---------- DATA FOR THIS EXERCISE ----------

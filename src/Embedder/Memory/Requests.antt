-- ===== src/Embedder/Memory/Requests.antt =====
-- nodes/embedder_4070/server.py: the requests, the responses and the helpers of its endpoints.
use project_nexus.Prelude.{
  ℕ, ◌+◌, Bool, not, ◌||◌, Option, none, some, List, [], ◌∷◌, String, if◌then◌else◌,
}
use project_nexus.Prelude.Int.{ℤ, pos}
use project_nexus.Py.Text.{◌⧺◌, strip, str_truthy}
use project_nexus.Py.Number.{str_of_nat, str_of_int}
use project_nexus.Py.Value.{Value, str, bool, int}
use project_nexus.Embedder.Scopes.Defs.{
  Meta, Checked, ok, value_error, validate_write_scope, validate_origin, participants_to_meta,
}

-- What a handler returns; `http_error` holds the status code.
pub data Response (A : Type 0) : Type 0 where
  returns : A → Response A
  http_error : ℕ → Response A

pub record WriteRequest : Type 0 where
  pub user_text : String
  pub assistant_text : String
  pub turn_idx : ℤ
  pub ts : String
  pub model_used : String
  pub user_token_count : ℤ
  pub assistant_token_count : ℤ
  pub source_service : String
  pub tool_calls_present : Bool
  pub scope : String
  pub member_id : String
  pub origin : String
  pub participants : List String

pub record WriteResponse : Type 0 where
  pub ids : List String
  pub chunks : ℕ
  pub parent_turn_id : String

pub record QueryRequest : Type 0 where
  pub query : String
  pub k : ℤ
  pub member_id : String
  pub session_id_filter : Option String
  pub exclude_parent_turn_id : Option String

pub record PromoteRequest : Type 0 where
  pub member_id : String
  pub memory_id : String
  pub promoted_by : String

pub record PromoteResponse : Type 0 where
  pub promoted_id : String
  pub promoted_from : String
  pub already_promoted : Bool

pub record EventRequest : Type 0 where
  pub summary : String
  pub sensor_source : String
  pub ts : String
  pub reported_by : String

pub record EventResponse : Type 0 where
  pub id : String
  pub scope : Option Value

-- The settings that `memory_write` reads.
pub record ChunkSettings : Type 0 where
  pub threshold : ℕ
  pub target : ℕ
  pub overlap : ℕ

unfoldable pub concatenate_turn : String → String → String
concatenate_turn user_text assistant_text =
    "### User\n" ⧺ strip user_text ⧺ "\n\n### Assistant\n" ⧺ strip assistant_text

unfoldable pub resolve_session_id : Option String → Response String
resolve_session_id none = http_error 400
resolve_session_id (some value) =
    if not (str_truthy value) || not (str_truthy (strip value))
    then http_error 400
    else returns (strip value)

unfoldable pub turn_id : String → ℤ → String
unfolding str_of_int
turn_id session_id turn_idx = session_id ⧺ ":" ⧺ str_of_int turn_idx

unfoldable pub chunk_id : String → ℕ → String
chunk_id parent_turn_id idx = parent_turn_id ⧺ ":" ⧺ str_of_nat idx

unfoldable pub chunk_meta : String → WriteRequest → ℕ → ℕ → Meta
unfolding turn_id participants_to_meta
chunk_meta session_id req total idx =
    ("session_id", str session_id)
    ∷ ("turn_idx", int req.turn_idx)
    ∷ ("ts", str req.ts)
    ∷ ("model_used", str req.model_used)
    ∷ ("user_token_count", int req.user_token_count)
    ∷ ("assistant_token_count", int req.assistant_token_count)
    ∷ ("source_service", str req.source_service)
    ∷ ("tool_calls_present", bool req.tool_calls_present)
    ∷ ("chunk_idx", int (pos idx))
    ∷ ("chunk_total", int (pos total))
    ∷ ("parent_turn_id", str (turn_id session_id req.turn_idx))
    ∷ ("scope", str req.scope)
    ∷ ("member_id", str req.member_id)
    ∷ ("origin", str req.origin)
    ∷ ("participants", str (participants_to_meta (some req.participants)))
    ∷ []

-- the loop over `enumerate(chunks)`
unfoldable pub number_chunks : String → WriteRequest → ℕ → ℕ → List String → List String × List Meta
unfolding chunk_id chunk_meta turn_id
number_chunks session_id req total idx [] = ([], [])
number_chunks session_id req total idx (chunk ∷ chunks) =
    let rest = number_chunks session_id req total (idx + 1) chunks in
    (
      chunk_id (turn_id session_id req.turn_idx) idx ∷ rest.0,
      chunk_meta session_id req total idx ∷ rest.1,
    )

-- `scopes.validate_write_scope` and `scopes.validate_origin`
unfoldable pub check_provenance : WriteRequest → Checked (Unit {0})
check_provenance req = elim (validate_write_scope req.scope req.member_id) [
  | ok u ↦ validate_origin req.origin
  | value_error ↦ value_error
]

----------
---------- DATA FOR THIS EXERCISE ----------

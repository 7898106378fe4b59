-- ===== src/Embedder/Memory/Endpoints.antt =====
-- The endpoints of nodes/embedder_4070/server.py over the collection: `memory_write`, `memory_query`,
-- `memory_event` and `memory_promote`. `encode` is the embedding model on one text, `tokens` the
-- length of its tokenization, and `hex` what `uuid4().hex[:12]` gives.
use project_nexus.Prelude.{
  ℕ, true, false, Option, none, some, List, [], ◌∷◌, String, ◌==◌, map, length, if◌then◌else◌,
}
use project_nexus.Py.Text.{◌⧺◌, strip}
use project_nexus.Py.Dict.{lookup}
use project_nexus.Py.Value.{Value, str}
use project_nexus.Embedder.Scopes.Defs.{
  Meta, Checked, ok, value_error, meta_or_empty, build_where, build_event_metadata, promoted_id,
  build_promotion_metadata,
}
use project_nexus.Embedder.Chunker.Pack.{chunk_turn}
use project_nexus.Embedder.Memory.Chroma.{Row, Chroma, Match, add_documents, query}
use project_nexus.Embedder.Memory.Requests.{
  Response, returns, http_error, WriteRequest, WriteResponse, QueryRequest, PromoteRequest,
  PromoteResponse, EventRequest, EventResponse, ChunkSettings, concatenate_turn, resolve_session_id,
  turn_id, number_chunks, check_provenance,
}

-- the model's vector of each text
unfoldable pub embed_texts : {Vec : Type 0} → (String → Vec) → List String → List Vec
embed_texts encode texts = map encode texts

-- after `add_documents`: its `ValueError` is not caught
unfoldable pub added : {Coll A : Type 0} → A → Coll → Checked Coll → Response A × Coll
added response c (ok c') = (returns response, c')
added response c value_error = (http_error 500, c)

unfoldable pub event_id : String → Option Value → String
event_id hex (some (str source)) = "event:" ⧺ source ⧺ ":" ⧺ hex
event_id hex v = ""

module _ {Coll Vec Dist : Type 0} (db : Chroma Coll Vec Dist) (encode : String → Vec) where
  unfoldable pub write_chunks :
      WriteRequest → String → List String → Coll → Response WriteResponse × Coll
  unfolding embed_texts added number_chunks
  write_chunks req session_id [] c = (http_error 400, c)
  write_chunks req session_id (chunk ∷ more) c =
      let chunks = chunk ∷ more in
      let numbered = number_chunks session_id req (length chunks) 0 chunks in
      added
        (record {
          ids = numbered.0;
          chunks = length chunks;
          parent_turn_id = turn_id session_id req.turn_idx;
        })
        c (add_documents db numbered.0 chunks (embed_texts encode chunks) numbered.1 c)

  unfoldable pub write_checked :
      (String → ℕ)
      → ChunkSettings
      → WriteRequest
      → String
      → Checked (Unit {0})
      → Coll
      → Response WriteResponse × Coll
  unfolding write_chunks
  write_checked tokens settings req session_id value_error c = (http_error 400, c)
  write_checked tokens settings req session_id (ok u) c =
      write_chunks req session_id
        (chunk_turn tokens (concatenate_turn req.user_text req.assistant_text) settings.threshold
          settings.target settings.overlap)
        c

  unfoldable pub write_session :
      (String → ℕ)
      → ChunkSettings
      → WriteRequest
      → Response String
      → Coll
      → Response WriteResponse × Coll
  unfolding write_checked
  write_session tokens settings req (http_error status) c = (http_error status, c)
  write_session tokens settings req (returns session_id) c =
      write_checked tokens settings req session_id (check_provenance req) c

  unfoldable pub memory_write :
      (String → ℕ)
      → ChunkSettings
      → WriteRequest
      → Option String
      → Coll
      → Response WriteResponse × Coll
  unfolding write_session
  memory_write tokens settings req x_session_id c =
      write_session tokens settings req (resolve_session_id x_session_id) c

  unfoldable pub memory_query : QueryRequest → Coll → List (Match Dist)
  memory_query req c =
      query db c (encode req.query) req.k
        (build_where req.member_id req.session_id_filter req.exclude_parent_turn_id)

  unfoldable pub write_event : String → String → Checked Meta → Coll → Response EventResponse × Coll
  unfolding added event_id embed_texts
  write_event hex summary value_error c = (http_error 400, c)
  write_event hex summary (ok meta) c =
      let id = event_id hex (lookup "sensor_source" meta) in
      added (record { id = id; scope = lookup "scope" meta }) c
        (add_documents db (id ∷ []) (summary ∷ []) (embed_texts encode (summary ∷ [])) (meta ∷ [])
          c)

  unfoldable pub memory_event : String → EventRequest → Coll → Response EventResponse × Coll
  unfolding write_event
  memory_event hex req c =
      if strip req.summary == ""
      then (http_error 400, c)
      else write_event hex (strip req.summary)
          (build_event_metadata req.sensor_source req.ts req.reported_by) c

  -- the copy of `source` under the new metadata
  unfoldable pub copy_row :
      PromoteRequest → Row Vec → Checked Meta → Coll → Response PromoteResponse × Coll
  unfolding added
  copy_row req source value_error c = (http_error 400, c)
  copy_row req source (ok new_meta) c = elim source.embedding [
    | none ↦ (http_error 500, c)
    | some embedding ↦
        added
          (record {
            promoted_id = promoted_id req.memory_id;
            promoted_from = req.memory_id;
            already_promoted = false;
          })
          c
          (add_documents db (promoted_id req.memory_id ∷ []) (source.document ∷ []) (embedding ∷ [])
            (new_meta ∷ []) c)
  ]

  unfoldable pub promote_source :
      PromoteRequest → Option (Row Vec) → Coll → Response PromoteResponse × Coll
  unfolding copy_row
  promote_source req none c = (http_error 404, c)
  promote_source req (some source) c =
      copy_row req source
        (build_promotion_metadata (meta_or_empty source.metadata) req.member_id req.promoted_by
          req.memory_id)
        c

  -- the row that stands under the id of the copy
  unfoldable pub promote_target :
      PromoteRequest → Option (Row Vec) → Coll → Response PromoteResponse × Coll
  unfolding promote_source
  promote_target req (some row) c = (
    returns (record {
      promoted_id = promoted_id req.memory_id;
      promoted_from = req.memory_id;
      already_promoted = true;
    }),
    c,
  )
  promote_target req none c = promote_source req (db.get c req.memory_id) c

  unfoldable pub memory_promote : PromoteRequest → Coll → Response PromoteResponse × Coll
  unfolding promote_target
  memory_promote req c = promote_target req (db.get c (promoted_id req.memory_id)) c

----------

WHAT YOU ARE ASKED TO DO - Lines containing the string "List" are the ones to copy from the entries above.

SOLUTION TO THIS PROBLEM -
  ℕ, ◌+◌, Bool, not, ◌||◌, Option, none, some, List, [], ◌∷◌, String, if◌then◌else◌,
  pub participants : List String
  pub ids : List String
unfoldable pub number_chunks : String → WriteRequest → ℕ → ℕ → List String → List String × List Meta
  ℕ, true, false, Option, none, some, List, [], ◌∷◌, String, ◌==◌, map, length, if◌then◌else◌,
unfoldable pub embed_texts : {Vec : Type 0} → (String → Vec) → List String → List Vec
      WriteRequest → String → List String → Coll → Response WriteResponse × Coll
  unfoldable pub memory_query : QueryRequest → Coll → List (Match Dist)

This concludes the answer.